_What you have to do:_
Taking the listing below, restate word for word each line from the line with "c.finding ∷ (run ds).remaining_findings)" to the line with "-- ===== src/Triage/Examples.antt", ends included, and stop there.

_Data in this exercise:_
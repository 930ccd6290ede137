-- ===== src/Triage/Prune.antt =====
-- `prune_triage_state` keeps the active suppressions that were used last, up to the configured number.
use mathlib.Core.List
use mathlib.Core.List.{Perm}
use mathlib.Core.List.Perm
use apex_ray.Base.{
  ℕ, zero, suc, ◌+◌, ◌-◌, ◌≤◌, ◌≡◌, refl, sym, inl, inr, true, false, List, [], ◌∷◌, ◌++◌, map,
  arith, ltb, leb→le, length, take, drop, All, Bool-cases, length-drop, length-take,
  length-filter-not,
}
use apex_ray.Base.Distinct.{All-drop}
use apex_ray.Base.Sort.{sorted, sorted-perm, IsSorted, sorted-IsSorted, length-sorted}
use apex_ray.Models.{TriageConfig}
use apex_ray.Triage.{
  Datetime, FindingSuppression, TriageState, prune_triage_state, is_expired, last_used, used_le,
  active_at, expired_at, TriagePruneResult, TriageEvent, triage_event, suppression_expired,
  suppression_pruned,
}

length-map {ℓ κ} :
    {A : Type ℓ} {B : Type κ} (f : A → B) (xs : List A) → length (map f xs) ≡ length xs
length-map f [] = refl
length-map f (x ∷ xs) = omega (arith, length-map f xs)

split_length :
    (now : Datetime) (xs : List FindingSuppression)
    → length (expired_at now xs) + length (active_at now xs) ≡ length xs
split_length now xs = length-filter-not (λ s. is_expired s now) xs

-- The events that say which suppressions went, with the reasons the code gives.
abbrev pub expired_event : Datetime → FindingSuppression → TriageEvent
expired_event now s = triage_event suppression_expired s now "Suppression expired."

abbrev pub pruned_event : Datetime → FindingSuppression → TriageEvent
pruned_event now s = triage_event suppression_pruned s now "Active suppression limit exceeded."

used_le_total : (s t : FindingSuppression) → used_le s t ≡ false → used_le t s ≡ true
unfolding used_le
used_le_total s t h = ground arith

used_le_trans :
    (s t u : FindingSuppression) → used_le s t ≡ true → used_le t u ≡ true → used_le s u ≡ true
unfolding used_le
used_le_trans s t u h k = ground arith

-- Each of the first suppressions was used no later than each of the second.
abbrev pub UsedBefore : List FindingSuppression → List FindingSuppression → Type 0
UsedBefore xs ys = All (λ x. All (λ y. last_used x ≤ last_used y) ys) xs

sorted_later :
    (x : FindingSuppression) (xs : List FindingSuppression)
    → All (λ y. used_le x y ≡ true) xs
    → All (λ y. last_used x ≤ last_used y) xs
unfolding used_le
sorted_later x [] h = tt
sorted_later x (y ∷ ys) h = (leb→le _ _ h.0, sorted_later x ys h.1)

take-UsedBefore-drop :
    (n : ℕ) (xs : List FindingSuppression)
    → IsSorted used_le xs
    → UsedBefore (take n xs) (drop n xs)
take-UsedBefore-drop zero xs h = tt
take-UsedBefore-drop (suc n) [] h = tt
take-UsedBefore-drop (suc n) (x ∷ xs) h = (
  All-drop (λ y. last_used x ≤ last_used y) n xs (sorted_later x xs h.0),
  take-UsedBefore-drop n xs h.1,
)

take-append-drop {ℓ} : {A : Type ℓ} (n : ℕ) (xs : List A) → take n xs ++ drop n xs ≡ xs
take-append-drop zero xs = refl
take-append-drop (suc n) [] = refl
take-append-drop (suc n) (x ∷ xs) = rw (take-append-drop n xs)

-- What is kept and what is pruned are together the suppressions that have not expired, and each pruned
-- one was used (last matched or, if never, created) no later than each kept one.
pub prune_triage_state-keeps_newest :
    (state : TriageState) (config : TriageConfig) (now : Datetime)
    → let r = prune_triage_state state config now in
      (pruned : List FindingSuppression) × (length pruned ≡ r.pruned_count)
      × Perm (pruned ++ r.state.suppressions) (active_at now state.suppressions)
      × UsedBefore pruned r.state.suppressions
unfolding prune_triage_state
prune_triage_state-keeps_newest state config now =
    let active = active_at now state.suppressions in
    let by_use = sorted used_le active in
    let k = length by_use - config.max_active_suppressions in
    elim (Bool-cases (ltb config.max_active_suppressions (length active))) [
      | inl over ↦ rw over (
        take k by_use,
        refl,
        rw (take-append-drop k by_use) (sorted-perm used_le active),
        take-UsedBefore-drop k by_use (sorted-IsSorted used_le used_le_total used_le_trans active),
      )
      | inr within ↦ rw within ([], refl, Perm.refl _, tt)
    ]

-- What a run drops and reports: the expired suppressions, and of the active ones the `pruned`, which with the kept ones
-- are all the active ones; one event names each dropped suppression and says which of the two it was.
abbrev pub IsAccounted : TriageState → TriageConfig → Datetime → TriagePruneResult → Type 0
IsAccounted state config now r =
    (pruned : List FindingSuppression) × Perm (pruned ++ r.state.suppressions)
      (active_at now state.suppressions)
    × (r.events
        ≡ map (expired_event now) (expired_at now state.suppressions)
          ++ map (pruned_event now) pruned)
    × (r.expired_count ≡ length (expired_at now state.suppressions))
    × (r.pruned_count ≡ length pruned)
    × (length r.state.suppressions ≤ config.max_active_suppressions)
    × (r.expired_count + r.pruned_count + length r.state.suppressions ≡ length state.suppressions)

-- At most the configured number of suppressions is kept. The events are one for each expired suppression, as expired,
-- and one for each suppression that is dropped without having expired, as pruned, in this order; the pruned ones and the
-- kept ones are together the active ones; and the two counts and the number kept add up to the number given.
pub prune_triage_state-IsAccounted :
    (state : TriageState) (config : TriageConfig) (now : Datetime)
    → IsAccounted state config now (prune_triage_state state config now)
unfolding prune_triage_state
prune_triage_state-IsAccounted state config now =
    let active = active_at now state.suppressions in
    let total = split_length now state.suppressions in
    let by_use = sorted used_le active in
    let k = length by_use - config.max_active_suppressions in
    let same = length-sorted used_le active in
    elim (Bool-cases (ltb config.max_active_suppressions (length active))) [
      | inl over ↦ rw over (
        take k by_use,
        rw (take-append-drop k by_use) (sorted-perm used_le active),
        refl,
        refl,
        refl,
        omega (arith, length-drop k by_use),
        omega (arith, total, length-drop k by_use, length-take k by_use, same),
      )
      | inr within ↦
          rw within (
            [],
            Perm.refl _,
            sym (List.append-nil _),
            refl,
            refl,
            ground arith,
            omega (arith, total),
          )
    ]
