-- ===== src/Triage/Shadow.antt =====
-- A stale suppression hides the ones behind it: `_matching_suppression` stops at the first suppression that
-- concerns the finding.
use apex_ray.Base.{
  ◌≡◌, refl, sym, ap, ◌∙◌, ◌≢◌, inl, inr, String, Bool, true, false, Option, none, some, List, [],
  ◌∷◌, ◌++◌, arith, ◌==◌, contains, string_eq, ==_refl, ==_iff, All, Bool-cases,
}
use apex_ray.Base.Dict.{Dict, lookup}
use apex_ray.Triage.{
  Datetime, FindingSuppression, FindingCandidate, state_of, stale_reason, apply_match,
  apply_candidates, next_suppressions, apply_suppressions, ApplyState, start, matching_suppression,
  get_or,
}
use apex_ray.Triage.Apply.{remaining_findings-append, suppressed_findings-append}
use apex_ray.Triage.State.{IsTouched, apply_candidates-IsTouched}
use apex_ray.Triage.Scope.{
  skips-Concerns, Concerns, Concerns-skips, skips, outcome, matching_suppression-cons,
  stale_reason-ne-empty,
}

outcome-stale :
    (c : FindingCandidate) (s : FindingSuppression)
    → s.context_pack_fingerprint ≢ ""
    → c.snapshot.context_pack_fingerprint ≢ ""
    → s.context_pack_fingerprint ≢ c.snapshot.context_pack_fingerprint
    → outcome c.snapshot s ≡ stale_reason
unfolding outcome
outcome-stale c s hs hc differ = ground arith

stale_reason-test : (stale_reason == "") ≡ false
stale_reason-test = ground (arith, stale_reason-ne-empty)

-- The first suppression that concerns the finding decides.
matching_suppression-first :
    (c : FindingCandidate) (before : List FindingSuppression) (s : FindingSuppression)
    (rest : List FindingSuppression) (target : Option String) (now : Datetime)
    → All (λ t. ¬ Concerns now target c.snapshot t) before
    → Concerns now target c.snapshot s
    → matching_suppression c.snapshot (before ++ s ∷ rest) target now
      ≡ some (s, outcome c.snapshot s)
matching_suppression-first c [] s rest target now none_before concerns =
    rw
      (
        matching_suppression-cons now target c.snapshot s rest,
        Concerns-skips now target c.snapshot s concerns,
      )
      refl
matching_suppression-first c (t ∷ before) s rest target now none_before concerns =
    elim (Bool-cases (skips now target c.snapshot t)) [
      | inl skipped ↦
          rw (matching_suppression-cons now target c.snapshot t (before ++ s ∷ rest), skipped)
            (matching_suppression-first c before s rest target now none_before.1 concerns)
      | inr found ↦ absurd (none_before.0 (skips-Concerns now target c.snapshot t found))
    ]

module _ (suppressions : List FindingSuppression) (target : Option String) (now : Datetime)
    (i : String) where
  -- A suppression that the loop has found stale stays so.
  apply_match-stale_ids :
      (c : FindingCandidate) (m : Option (FindingSuppression × String)) (st : ApplyState)
      → contains i st.stale_ids ≡ true
      → contains i (apply_match now c m st).stale_ids ≡ true
  unfolding apply_match
  apply_match-stale_ids c none st h = h
  apply_match-stale_ids c (some (s, reason)) st h = elim (Bool-cases (reason == "")) [
    | inl r ↦ rw r h
    | inr r ↦ elim (Bool-cases (contains s.id st.stale_ids)) [
      | inl known ↦ rw (r, known) h
      | inr fresh ↦ rw (r, fresh) (ground (arith, h))
    ]
  ]

  apply_candidates-stale_ids :
      (cs : List FindingCandidate) (st : ApplyState)
      → contains i st.stale_ids ≡ true
      → contains i (apply_candidates suppressions target now cs st).stale_ids ≡ true
  unfolding apply_candidates
  apply_candidates-stale_ids [] st h = h
  apply_candidates-stale_ids (c ∷ cs) st h =
      apply_candidates-stale_ids cs _ (apply_match-stale_ids c _ st h)

-- One round with a stale suppression.
apply_match-stale :
    (c : FindingCandidate) (s : FindingSuppression) (now : Datetime) (st : ApplyState)
    → contains s.id (apply_match now c (some (s, stale_reason)) st).stale_ids ≡ true
unfolding apply_match
apply_match-stale c s now st = elim (Bool-cases (contains s.id st.stale_ids)) [
  | inl known ↦ rw (stale_reason-test, known) known
  | inr fresh ↦ rw (stale_reason-test, fresh) (ground (arith, ==_refl s.id))
]

module _ (c : FindingCandidate) (s : FindingSuppression) (suppressions : List FindingSuppression)
    (target : Option String) (now : Datetime)
    (found : matching_suppression c.snapshot suppressions target now ≡ some (s, stale_reason)) where
  stale_ids-found :
      (cs ds : List FindingCandidate) (st : ApplyState)
      → contains s.id (apply_candidates suppressions target now (cs ++ c ∷ ds) st).stale_ids ≡ true
  unfolding apply_candidates
  stale_ids-found [] ds st =
      rw (apply_candidates, found)
        (apply_candidates-stale_ids suppressions target now s.id ds _
          (apply_match-stale c s now st))
  stale_ids-found (d ∷ cs) ds st = stale_ids-found cs ds _

  remaining-one :
      (apply_suppressions (c ∷ []) (state_of suppressions) target now).remaining_findings
      ≡ c.finding ∷ []
  unfolding apply_suppressions apply_candidates apply_match
  remaining-one = rw (found, stale_reason-test) refl

  suppressed-one :
      (apply_suppressions (c ∷ []) (state_of suppressions) target now).suppressed_findings ≡ []
  unfolding apply_suppressions apply_candidates apply_match
  suppressed-one = rw (found, stale_reason-test) refl

module _ (suppressions : List FindingSuppression) (target : Option String) (now : Datetime)
    (updated : Dict String FindingSuppression) (h : IsTouched suppressions target now updated) where
  latest-id :
      (x : FindingSuppression) (o : Option FindingSuppression)
      → lookup x.id updated ≡ o
      → (get_or o x).id ≡ x.id
  latest-id x none e = refl
  latest-id x (some u) e =
      let (s, m, same, eu) = h x.id u e in ap (λ (t : FindingSuppression). t.id) eu ∙ same

  -- The next state has no suppression with a stale id.
  next_suppressions-without :
      (i : String) (stale_ids : List String) (xs : List FindingSuppression)
      → contains i stale_ids ≡ true
      → All (λ x. (x.id == i) ≡ false) (next_suppressions stale_ids updated xs)
  unfolding next_suppressions
  next_suppressions-without i stale_ids [] k = tt
  next_suppressions-without i stale_ids (x ∷ xs) k = elim (Bool-cases (contains x.id stale_ids)) [
    | inl gone ↦ rw gone (next_suppressions-without i stale_ids xs k)
    | inr live ↦ rw live (
      ap (λ j. j == i) (latest-id x (lookup x.id updated) refl) ∙ other (x.id == i) refl live,
      next_suppressions-without i stale_ids xs k,
    )
  ]
    where
      other : (b : Bool) → (x.id == i) ≡ b → contains x.id stale_ids ≡ false → (x.id == i) ≡ false
      other false e live = e
      other true e live =
          let same = (==_iff x.id i).0 e in
          let clash : true ≡ false = sym k ∙ ap (λ j. contains j stale_ids) (sym same) ∙ live in cc

-- Let the first suppression that concerns a candidate have been made for another context pack, with both packs known.
-- Then, whatever candidates stand before and behind this one and whatever suppressions stand behind that one, also one
-- made for this very pack: the finding remains, in its place among the findings that remain of the others; it is not
-- suppressed; and no suppression with the id of the stale one is left in the state.
pub stale_first_shadows :
    (cs ds : List FindingCandidate) (c : FindingCandidate) (before rest : List FindingSuppression)
    (s : FindingSuppression) (target : Option String) (now : Datetime)
    → All (λ t. ¬ Concerns now target c.snapshot t) before
    → Concerns now target c.snapshot s
    → s.context_pack_fingerprint ≢ ""
    → c.snapshot.context_pack_fingerprint ≢ ""
    → s.context_pack_fingerprint ≢ c.snapshot.context_pack_fingerprint
    → let run = λ (xs : List FindingCandidate).
      apply_suppressions xs (state_of (before ++ s ∷ rest)) target now in
      let r = run (cs ++ c ∷ ds) in
      (r.remaining_findings
        ≡ (run cs).remaining_findings ++ c.finding ∷ (run ds).remaining_findings)
      × (r.suppressed_findings ≡ (run cs).suppressed_findings ++ (run ds).suppressed_findings)
      × All (λ x. (x.id == s.id) ≡ false) r.state.suppressions
unfolding apply_suppressions
stale_first_shadows cs ds c before rest s target now none_before concerns hs hc differ =
    let ss = before ++ s ∷ rest in
    let state = state_of ss in
    let found : matching_suppression c.snapshot ss target now ≡ some (s, stale_reason) =
      matching_suppression-first c before s rest target now none_before concerns
      ∙ ap (λ o. some (s, o)) (outcome-stale c s hs hc differ) in
    let st = apply_candidates ss target now (cs ++ c ∷ ds) start in
    (
      remaining_findings-append cs (c ∷ ds) state target now
          ∙ ap (λ l. (apply_suppressions cs state target now).remaining_findings ++ l)
              (remaining_findings-append (c ∷ []) ds state target now
                ∙ ap (λ l. l ++ (apply_suppressions ds state target now).remaining_findings)
                    (remaining-one c s ss target now found)),
      suppressed_findings-append cs (c ∷ ds) state target now
          ∙ ap (λ l. (apply_suppressions cs state target now).suppressed_findings ++ l)
              (suppressed_findings-append (c ∷ []) ds state target now
                ∙ ap (λ l. l ++ (apply_suppressions ds state target now).suppressed_findings)
                    (suppressed-one c s ss target now found)),
      next_suppressions-without ss target now st.updated_by_id
          (apply_candidates-IsTouched ss target now (cs ++ c ∷ ds) start (λ k u e. cc)) s.id
          st.stale_ids ss (stale_ids-found c s ss target now found cs ds start),
    )
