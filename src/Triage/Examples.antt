-- ===== src/Triage/Examples.antt =====
-- A small triage state, the operations on it, and the theorems at concrete inputs.
use mathlib.Core.List.{Perm}
use apex_ray.Base.{
  ℕ, ◌≡◌, refl, String, true, false, none, some, List, [], ◌∷◌, ◌++◌, map, arith, All, length,
  Interleaved, ne_of_test, ◌==◌, option_eq, string_eq,
}
use apex_ray.Models.{Finding, FindingSeverity, FindingConfidence, TriageConfig}
use apex_ray.Triage.{
  false_positive, FindingSuppression, FindingCandidate, TriageState, state_of, same_scope,
  add_or_replace_suppression, prune_triage_state, active_at, apply_suppressions,
}
use apex_ray.Triage.Scope.{Concerns}
use apex_ray.Triage.Apply.{Justified, apply_suppressions-partition, apply_suppressions_sound}
use apex_ray.Triage.State.{IsValid, Reach-IsValid, same_id, here, next, replace, prune}
use apex_ray.Triage.Prune.{
  UsedBefore, IsAccounted, prune_triage_state-IsAccounted, prune_triage_state-keeps_newest,
}
use apex_ray.Triage.Shadow.{stale_first_shadows}

abbrev finding : Finding
finding = record {
  title = "Lost write";
  severity = FindingSeverity.high;
  confidence = FindingConfidence.high;
  file = "src/a.py";
  line = some 7;
  failure_mode = "the second write wins";
  evidence = "save is not locked";
  suggested_fix = "lock it";
  suggested_test = "";
  context_pack_id = "src/a.py#1";
  reviewer_ids = [];
  reviewer_context_pack_ids = [];
}

abbrev suppression : String → String → String → ℕ → FindingSuppression
suppression id pack pack_fingerprint created = record {
  id = id;
  finding_fingerprint = "apex-1";
  context_pack_id = pack;
  context_pack_fingerprint = pack_fingerprint;
  file = "src/a.py";
  line = some 7;
  title = "Lost write";
  severity = "high";
  confidence = "high";
  verdict = false_positive;
  reason = "guarded by the caller";
  target_base_ref = none;
  created_at = created;
  expires_at = some 1000;
  last_matched_at = none;
  match_count = 0;
  report_path = "";
}

abbrev candidate : FindingCandidate
candidate = record {
  finding = finding;
  snapshot = record {
    fingerprint = "apex-1";
    title = "Lost write";
    severity = "high";
    confidence = "high";
    file = "src/a.py";
    line = some 7;
    context_pack_id = "src/a.py#1";
    context_pack_fingerprint = "new";
  };
}

abbrev triage_config : TriageConfig
triage_config = record {
  enabled = true;
  state_path = "";
  events_path = "";
  default_expiry_days = 14;
  max_active_suppressions = 1;
  events_retention_days = none;
}

abbrev first : FindingSuppression
first = suppression "sup-1" "src/a.py#1" "old" 5

abbrev second : FindingSuppression
second = suppression "sup-2" "src/a.py#2" "new" 9

apply_second :
    (apply_suppressions (candidate ∷ []) (state_of (second ∷ [])) none 20).remaining_findings ≡ []
unfolding apply_suppressions string_eq
apply_second = refl

shadowed_by_first :
    (apply_suppressions
      (candidate ∷ [])
      (state_of (first ∷ second ∷ []))
      none
      20).remaining_findings
    ≡ finding ∷ []
unfolding apply_suppressions string_eq
shadowed_by_first = refl

apply_suppressions-partition_example :
    let r = apply_suppressions (candidate ∷ candidate ∷ []) (state_of (second ∷ [])) none 20 in
    Interleaved r.remaining_findings
      (map (λ s. s.finding) r.suppressed_findings)
      (finding ∷ finding ∷ [])
apply_suppressions-partition_example =
    apply_suppressions-partition (candidate ∷ candidate ∷ []) (state_of (second ∷ [])) none 20

apply_suppressions_sound_example :
    All
      (Justified (second ∷ []) none 20)
      (apply_suppressions (candidate ∷ []) (state_of (second ∷ [])) none 20).suppressed_findings
apply_suppressions_sound_example =
    apply_suppressions_sound (candidate ∷ []) (state_of (second ∷ [])) none 20

abbrev pair : TriageState
pair = state_of (first ∷ second ∷ [])

abbrev third : FindingSuppression
third = suppression "sup-3" "src/a.py#1" "new" 12

pair-IsValid : IsValid pair
unfolding same_id same_scope string_eq option_eq
pair-IsValid = record { ids = ((refl, tt), (tt, tt)); scopes = ((refl, tt), (tt, tt)) }

third_fresh : All (λ u. same_id u third ≡ false) pair.suppressions
unfolding same_id string_eq
third_fresh = (refl, (refl, tt))

Reach-IsValid_example :
    IsValid (prune_triage_state (add_or_replace_suppression pair third) triage_config 20).state
Reach-IsValid_example =
    Reach-IsValid pair-IsValid
      (next (next here (replace third third_fresh)) (prune triage_config 20))

prune_triage_state-IsAccounted_example :
    IsAccounted pair triage_config 20 (prune_triage_state pair triage_config 20)
prune_triage_state-IsAccounted_example = prune_triage_state-IsAccounted pair triage_config 20

prune_triage_state-keeps_newest_example :
    let r = prune_triage_state pair triage_config 20 in
    (pruned : List FindingSuppression) × (length pruned ≡ r.pruned_count)
    × Perm (pruned ++ r.state.suppressions) (active_at 20 (first ∷ second ∷ []))
    × UsedBefore pruned r.state.suppressions
prune_triage_state-keeps_newest_example = prune_triage_state-keeps_newest pair triage_config 20

first-Concerns : Concerns 20 none candidate.snapshot first
first-Concerns = record {
  same_finding = refl;
  active = λ t e. ground arith;
  same_target = λ a b e e' na nb. cc;
}

abbrev elsewhere : FindingSuppression
elsewhere = record (suppression "sup-0" "src/a.py#1" "new" 3) { finding_fingerprint = "apex-2" }

elsewhere-skipped : ¬ Concerns 20 none candidate.snapshot elsewhere
unfolding string_eq
elsewhere-skipped h = ne_of_test "apex-2" "apex-1" refl h.same_finding

stale_first_shadows_example :
    let run = λ (xs : List FindingCandidate).
      apply_suppressions xs (state_of (elsewhere ∷ first ∷ second ∷ [])) none 20 in
    let r = run (candidate ∷ candidate ∷ []) in
    (r.remaining_findings ≡ finding ∷ (run (candidate ∷ [])).remaining_findings)
    × (r.suppressed_findings ≡ (run (candidate ∷ [])).suppressed_findings)
    × All (λ x. (x.id == "sup-1") ≡ false) r.state.suppressions
unfolding apply_suppressions string_eq
stale_first_shadows_example =
    stale_first_shadows [] (candidate ∷ []) candidate (elsewhere ∷ []) (second ∷ []) first none 20
      (elsewhere-skipped, tt) first-Concerns (ne_of_test "old" "" refl) (ne_of_test "new" "" refl)
      (ne_of_test "old" "new" refl)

_Exercise result:_
        ≡ (run cs).remaining_findings ++ c.finding ∷ (run ds).remaining_findings)
      × (r.suppressed_findings ≡ (run cs).suppressed_findings ++ (run ds).suppressed_findings)
      × All (λ x. (x.id == s.id) ≡ false) r.state.suppressions
unfolding apply_suppressions
stale_first_shadows cs ds c before rest s target now none_before concerns hs hc differ =
    let ss = before ++ s ∷ rest in
    let state = state_of ss in
    let found : matching_suppression c.snapshot ss target now ≡ some (s, stale_reason) =
      matching_suppression-first c before s rest target now none_before concerns
      ∙ ap (λ o. some (s, o)) (outcome-stale c s hs hc differ) in
    let st = apply_candidates ss target now (cs ++ c ∷ ds) start in
    (
      remaining_findings-append cs (c ∷ ds) state target now
          ∙ ap (λ l. (apply_suppressions cs state target now).remaining_findings ++ l)
              (remaining_findings-append (c ∷ []) ds state target now
                ∙ ap (λ l. l ++ (apply_suppressions ds state target now).remaining_findings)
                    (remaining-one c s ss target now found)),
      suppressed_findings-append cs (c ∷ ds) state target now
          ∙ ap (λ l. (apply_suppressions cs state target now).suppressed_findings ++ l)
              (suppressed_findings-append (c ∷ []) ds state target now
                ∙ ap (λ l. l ++ (apply_suppressions ds state target now).suppressed_findings)
                    (suppressed-one c s ss target now found)),
      next_suppressions-without ss target now st.updated_by_id
          (apply_candidates-IsTouched ss target now (cs ++ c ∷ ds) start (λ k u e. cc)) s.id
          st.stale_ids ss (stale_ids-found c s ss target now found cs ds start),
    )
filename src/Triage/Examples.antt
-- ===== src/Triage/Examples.antt =====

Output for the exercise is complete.